The Old Shop
Daniel and Katie were biking home from school when Daniel suddenly exclaimed, “Oh man!” Katie rolled her eyes. That was the kind of thing Daniel was always saying.
But then she noticed Daniel was suddenly nowhere to be seen.
Because he had stopped a few feet earlier, an ashen look upon his face. He pointed downward, to his bicycle tire. Flat.
As Katie circled back to help him out, Daniel’s eyes travelled back upward to take in something strange. They had stopped in front of a dusty old store window.
Katie shivered with bewilderment: “How can a mom-and-pop store even afford rent in this chain-store neighborhood?” Something didn’t add up — specifically, the financials.
Daniel didn’t answer, because he was about to enter the darkened shop, through the grimy window of which they could make out the shadowy shapes of ancient talismans, daggers, and in one corner, a weirdly grinning skull.
And that’s when an icy hand grabbed at Daniel’s arm.
It was Katie’s. She said, “Remember? We have to fix your bike tire?”
Daniel said, “Oh yeah, right.”
They did so, and then biked home for a nutritious dinner.
It was Halloween, and everyone knew what that meant: Children, sent out into the street after dark, among unknown grownups with their identities concealed, to beg strangers for potentially toxic things to pop in their mouth.
But not Roger. He had like a million pages of trigonometry homework.
The Baseball Cap of Evil
“Don’t touch it!” Andrea squealed, as Ricardo reached down to pick up the old, wrinkled Astros cap lying on the blanket behind the hand-torn piece of cardboard that read, in blood-red letters, “YARD SALE.”
“Come on! It would look great on me!” Ricardo protested, “Let me just try it on.”
Andrea stepped in front of Ricardo, arms crossed as if to block him.
“You know what’s going to happen,” she frowned. “You’re going to fall in love with it, then spend the rest of your allowance on it. Did you forget our plans to invest it in municipal bonds?”
Ricardo stepped around his friend, grabbed the hat, and flipped it into the air, catching it on his head. “Ta-da!” he grinned.
But then his smile started to fade. Something was happening. Inside the hat. Something was moving. Something… alive.
“Yechhh!” Ricardo screamed, tossing the hat back onto the blanket and walking away.
The shadows fell long and dark across the old, faded sign in front of the old amusement park.
Suddenly lightning flashed, revealing its one word: “SCARYWORLD.”
And then beneath it, a smaller, slime-green sign, rattled in the chill wind. It said, “CLOSED.”
Donny shrugged at Denise. “Oh well. Another time maybe.”
“CARNIVAL — TODAY ONLY” Candice read aloud from the morning’s International Herald-Tribune.

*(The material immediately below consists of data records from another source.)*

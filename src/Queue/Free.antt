-- ===== src/Queue/Free.antt =====
-- While no thread wakes unasked, a thread is on offer at most once, and then has no job: no job that
-- is handed over takes the place of another.
use mathlib.Core.Path.{subst}
use red_giant.Prelude.{
  ℕ, suc, ◌+◌, ◌≡◌, ◌⊎◌, refl, ap, sym, ◌∙◌, Bool, true, false, none, some, [], ◌∷◌, ◌++◌, arith,
  if◌then◌else◌, ◌==◌, ltb, Bool-cases, inl, inr, ◌≤◌,
}
use red_giant.Queue.Pool.{
  pushing, locking, waiting, awake, ended, running, ThreadExecutor, ThreadPool, Step, announces,
  announce_fails, enters, signaled, finishes, schedules, drops, hands_over, notifies, Reachable,
  start, step, Cause, IsAsked, wakes_unasked, flushes, stops, stop_thread, wake, enter_wait,
  get_signaled, schedule_thread, start_pool, start_thread,
}
use red_giant.Queue.Tokens.{
  count_handed, tokens, tokens-announces, tokens-schedules, tokens-push_fails, tokens-drops,
  count_handed-middle, push-alive, pop-alive, flush-same,
}
use red_giant.Queue.{flush}
use red_giant.Queue.Fitting.{
  Fits, IsFitting, AllFit, with_executor-AllFit, unchanged-IsFitting, Fits-at, schedule-Fits,
  notify-Fits, stop-Halts, flush-Fits, announce-Fits, announce_fails-Fits, finish-Fits, Woken-some,
  run-Fits, Fits-once,
}

module _ {Job : Type 0} where
  enter_wait-IsFitting :
      (e : ThreadExecutor Job) (t : ℕ) (alive : Bool)
      → Fits e.active locking e.job t e.due alive
      → IsFitting (enter_wait e) t alive
  unfolding enter_wait
  enter_wait-IsFitting e t alive f = elim (Bool-cases e.active) [
    | inl h ↦ rw (enter_wait, h) (subst (λ a. Fits a locking e.job t e.due alive) h f)
    | inr h ↦ rw (enter_wait, h) (subst (λ a. Fits a locking e.job t e.due alive) h f)
  ]

  get_signaled-IsFitting :
      (e : ThreadExecutor Job) (t : ℕ) (alive : Bool)
      → Fits e.active awake e.job t e.due alive
      → IsFitting (get_signaled e) t alive
  unfolding get_signaled
  get_signaled-IsFitting e t alive f = elim (Bool-cases e.active) [
    | inl h ↦
        let (job, j, k, n) =
          Woken-some e.job t e.due (subst (λ a. Fits a awake e.job t e.due alive) h f) in
        rw (get_signaled, h, j) (run-Fits e.active job t e.due alive h k n)
    | inr h ↦ rw (get_signaled, h) (subst (λ a. Fits a awake e.job t e.due alive) h f)
  ]

  stop_thread-IsFitting :
      (e : ThreadExecutor Job) (t : ℕ) (alive : Bool)
      → alive ≡ false
      → IsFitting e t alive
      → IsFitting (stop_thread e) t alive
  unfolding stop_thread
  stop_thread-IsFitting e t alive l f = elim (Bool-cases e.active) [
    | inl h ↦
        rw (stop_thread, h, l)
          (stop-Halts e.place e.job t e.due (subst (λ a. Fits a e.place e.job t e.due alive) h f))
    | inr h ↦ rw (stop_thread, h) (subst (λ a. Fits a e.place e.job t e.due alive) h f)
  ]

  Step-AllFit : (s s' : ThreadPool Job) (c : Cause) → IsAsked c → Step s c s' → AllFit s → AllFit s'
  unfolding schedule_thread
  Step-AllFit s s' _ o (announces k q' h e) f =
      let (a, b) = push-alive k s.queue q' e in
      let x = s.executors k in
      let u = record s { queue = q' } in
      with_executor-AllFit k (record x { place = locking }) u
        (unchanged-IsFitting (record x { place = locking }) (suc (tokens k s)) (tokens k u) true
          q'.alive (ground (arith, tokens-announces k k s.queue q' e)) (sym b)
          (announce-Fits x.active x.job (tokens k s) x.due s.queue.alive (Fits-at k pushing s f h)
            a))
        (λ i o.
          unchanged-IsFitting (s.executors i) (tokens i s) (tokens i u) s.queue.alive q'.alive
            (ground (arith, tokens-announces k i s.queue q' e)) (a ∙ sym b) (f i))
  Step-AllFit s s' _ o (announce_fails k q' h e) f =
      let q = tokens-push_fails k s.queue q' e in
      let x = s.executors k in
      let u = record s { queue = q' } in
      let same : (y : ThreadExecutor Job) (i : ℕ)
          → IsFitting y (tokens i s) s.queue.alive
          → IsFitting y (tokens i u) q'.alive =
        λ y i.
          unchanged-IsFitting y (tokens i s) (tokens i u) s.queue.alive q'.alive (ground (arith, q))
            (ground (arith, q)) in
      with_executor-AllFit k (record x { place = ended }) u
        (same (record x { place = ended }) k
          (announce_fails-Fits x.active x.job (tokens k s) x.due s.queue.alive
            (Fits-at k pushing s f h)))
        (λ i o. same (s.executors i) i (f i))
  Step-AllFit s s' _ o (enters k h) f =
      with_executor-AllFit k (enter_wait (s.executors k)) s
        (enter_wait-IsFitting (s.executors k) (tokens k s) s.queue.alive (Fits-at k locking s f h))
        (λ i o. f i)
  Step-AllFit s s' _ o (signaled k h) f =
      with_executor-AllFit k (get_signaled (s.executors k)) s
        (get_signaled-IsFitting (s.executors k) (tokens k s) s.queue.alive (Fits-at k awake s f h))
        (λ i o. f i)
  Step-AllFit s s' _ o (finishes k j h) f =
      let x = s.executors k in
      with_executor-AllFit k (record x { place = pushing })
        (record s { executed = s.executed ++ j ∷ [] })
        (finish-Fits x.active j x.job (tokens k s) x.due s.queue.alive
          (Fits-at k (running j) s f h))
        (λ i o. f i)
  Step-AllFit s s' _ o (schedules k j q' e) f = λ i.
      let u = record s { queue = q'; handed = (k, j) ∷ s.handed } in
      unchanged-IsFitting (s.executors i) (tokens i s) (tokens i u) s.queue.alive q'.alive
        (ground (arith, tokens-schedules k i s.queue q' e)) (sym (pop-alive k s.queue q' e)) (f i)
  Step-AllFit s s' _ o (drops j q' e) f = λ i.
      let q = tokens-drops s.queue q' e in
      unchanged-IsFitting (s.executors i) (tokens i s) (tokens i (record s { queue = q' }))
        s.queue.alive q'.alive (ground (arith, q)) (ground (arith, q)) (f i)
  Step-AllFit s s' _ o (hands_over a b k j h) f =
      let left = record s { handed = a ++ b } in
      let l = s.queue.alive in
      let fewer : (i : ℕ) → tokens i s ≡ tokens i left + (if k == i then 1 else 0) =
        λ i. omega (arith, ap (count_handed i) h, count_handed-middle i a b (k, j)) in
      let e = s.executors k in
      with_executor-AllFit k (schedule_thread j e) left
        (schedule-Fits e.active e.place j e.job (tokens k left) e.due l (
          unchanged-IsFitting e (tokens k s) (suc (tokens k left)) l l (ground (arith, fewer k))
            refl (f k)))
        (λ i o.
          unchanged-IsFitting (s.executors i) (tokens i s) (tokens i left) l l
            (ground (arith, fewer i)) refl (f i))
  Step-AllFit s s' _ o (notifies k n h) f =
      let e = s.executors k in
      with_executor-AllFit k (record e { due = n; place = wake e.place }) s
        (notify-Fits e.active e.place e.job (tokens k s) n s.queue.alive
          (subst (λ d. Fits e.active e.place e.job (tokens k s) d s.queue.alive) h (f k)))
        (λ i o. f i)
  Step-AllFit s s' _ o (wakes_unasked k h) f = absurd o
  Step-AllFit s s' _ o flushes f = λ i.
      let e = s.executors i in
      let (q, l) = flush-same s.queue in
      unchanged-IsFitting e (tokens i s) (tokens i (record s { queue = flush s.queue })) false
        (flush s.queue).alive (ground (arith, q)) (sym l)
        (flush-Fits e.active e.place e.job (tokens i s) e.due s.queue.alive (f i))
  Step-AllFit s s' _ o (stops k h) f =
      with_executor-AllFit k (stop_thread (s.executors k)) s
        (stop_thread-IsFitting (s.executors k) (tokens k s) s.queue.alive h (f k)) (λ i o. f i)

  -- A thread is on offer once at most, then without a job, and, if it was not stopped, before its
  -- `wait` or at it.
  pub record IsFree (i : ℕ) (s : ThreadPool Job) : Type 0 where
    pub once : tokens i s ≤ 1
    pub unused : tokens i s ≡ 1 → (s.executors i).job ≡ none
    pub ready :
        tokens i s ≡ 1
        → ((s.executors i).place ≡ locking)
          ⊎ ((s.executors i).place ≡ waiting)
          ⊎ ((s.executors i).active ≡ false)

  reachable-AllFit : (n : ℕ) (s : ThreadPool Job) → Reachable n s → AllFit s
  unfolding start_pool start_thread
  reachable-AllFit n s start i = elim (Bool-cases (ltb i n)) [
    | inl e ↦ rw e (refl, refl, refl)
    | inr e ↦ rw e (omega arith)
  ]
  reachable-AllFit n s (step s0 s' c r o t) i = Step-AllFit s0 s c o t (reachable-AllFit n s0 r) i

  -- As long as no thread wakes from `wait` without a notification, whatever else the threads of a
  -- pool, its callers and `stop` do, each thread is on offer once at most, and then it has no job
  -- and, unless it was stopped, is before its `wait` or at it. So no job that is handed over takes
  -- the place of another.
  pub reachable-IsFree : (n i : ℕ) (s : ThreadPool Job) → Reachable n s → IsFree i s
  reachable-IsFree n i s r =
      let e = s.executors i in
      let (o, j, p) =
        Fits-once e.active e.place e.job (tokens i s) e.due s.queue.alive
          (reachable-AllFit n s r i) in
      record { once = o; unused = j; ready = p }

  -- A thread that was given a job on its way to `wait` is not on offer.
  pub reachable-unoffered :
      (n i : ℕ) (job : Job) (s : ThreadPool Job)
      → Reachable n s
      → (s.executors i).job ≡ some job
      → tokens i s ≡ 0
  reachable-unoffered n i job s r j =
      let f = reachable-IsFree n i s r in ground (arith, f.once, f.unused, j)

“That’s odd,” said her father, Father. “An international paper with a local event listing?”
“You’re right, Father,” Candice said, for probably the ninth time that day. He had always taught her to read the news with a critical eye.
But that didn’t stop Candice from walking by the site of the old carnival. Strictly speaking, it didn’t cause it either. She had no choice, as the carnival was located in an alley that — due to construction — she had to pass through on her way to her afterschool job at Quizno’s.
Candice peered in through the open doorway and saw something unsettling. A grinning ventriloquist’s dummy seemed to look her right in the eye — no wait, it seemed to follow her as she moved.
And then, those wooden jaws opened, and an unnervingly high-pitched voice came out. “What’s the hurry… CANDICE?”
Candice backed away, brain shocked into disbelief, until she looked closer at the dummy — and the creepy, hair-raising spectacle of a giant, monstrous human body, arm inside the dummy, puppeteering it.
“B-b-but how did you know my…?” she uttered in a hoarse whisper.
“You’re wearing a nametag,” the ventriloquist explained.